**Records to process**
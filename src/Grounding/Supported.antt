-- ===== src/Grounding/Supported.antt =====
-- What an analysis still says, once it is grounded, the text supports.
use khaabo.Prelude.{Bool, true, false, not, ◌||◌, ◌≡◌, Option, none, some, String, str_eq}
use khaabo.Float.{Float, nought, lt}
use khaabo.AiProcessing.Model.{DishMentionOut}
use khaabo.Grounding.{
  SourceText, ReviewAnalysisRequest, GroundingSettings, snippet_is_grounded, source_text,
  is_allowed, is_in_text, is_text_price,
}

module _ {F : Type 0} ⦃f : Float F⦄ (t : SourceText F) (settings : GroundingSettings F)
    (request : ReviewAnalysisRequest) where
  -- A quote that is given stands in the text, or is empty.
  abbrev pub is_fair_quote : Option String → Bool
  is_fair_quote none = true
  is_fair_quote (some s) = str_eq s "" || snippet_is_grounded t s (source_text t settings request)

  abbrev pub is_fair_price : Option F → Bool
  is_fair_price none = true
  is_fair_price (some p) = is_text_price t settings request p

  -- A recommendation does not speak against the sentiment.
  abbrev pub is_fair_advice : F → Option Bool → Bool
  is_fair_advice sentiment none = true
  is_fair_advice sentiment (some true) = not (lt sentiment nought)
  is_fair_advice sentiment (some false) = not (lt (f.lit 3 10) sentiment)

  abbrev pub Supported : DishMentionOut F → Type 0
  Supported m =
      (lt m.confidence settings.min_confidence ≡ false)
      × (is_allowed t settings request m ≡ true)
      × (is_in_text t settings request m ≡ true)
      × (is_fair_quote m.snippet ≡ true)
      × (is_fair_price m.price_mentioned ≡ true)
      × (is_fair_advice m.sentiment m.is_recommended ≡ true)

**What is needed**
No line may be altered or left out when the data is written out.

**Answer**
filename src/Grounding/Supported.antt
-- ===== src/Grounding/Supported.antt =====
-- What an analysis still says, once it is grounded, the text supports.
use khaabo.Prelude.{Bool, true, false, not, ◌||◌, ◌≡◌, Option, none, some, String, str_eq}
use khaabo.Float.{Float, nought, lt}
use khaabo.AiProcessing.Model.{DishMentionOut}
use khaabo.Grounding.{
  SourceText, ReviewAnalysisRequest, GroundingSettings, snippet_is_grounded, source_text,
  is_allowed, is_in_text, is_text_price,
}

module _ {F : Type 0} ⦃f : Float F⦄ (t : SourceText F) (settings : GroundingSettings F)
    (request : ReviewAnalysisRequest) where
  -- A quote that is given stands in the text, or is empty.
  abbrev pub is_fair_quote : Option String → Bool
  is_fair_quote none = true
  is_fair_quote (some s) = str_eq s "" || snippet_is_grounded t s (source_text t settings request)

  abbrev pub is_fair_price : Option F → Bool
  is_fair_price none = true
  is_fair_price (some p) = is_text_price t settings request p

  -- A recommendation does not speak against the sentiment.
  abbrev pub is_fair_advice : F → Option Bool → Bool
  is_fair_advice sentiment none = true
  is_fair_advice sentiment (some true) = not (lt sentiment nought)
  is_fair_advice sentiment (some false) = not (lt (f.lit 3 10) sentiment)

  abbrev pub Supported : DishMentionOut F → Type 0
  Supported m =
      (lt m.confidence settings.min_confidence ≡ false)
      × (is_allowed t settings request m ≡ true)
      × (is_in_text t settings request m ≡ true)
      × (is_fair_quote m.snippet ≡ true)
      × (is_fair_price m.price_mentioned ≡ true)
      × (is_fair_advice m.sentiment m.is_recommended ≡ true)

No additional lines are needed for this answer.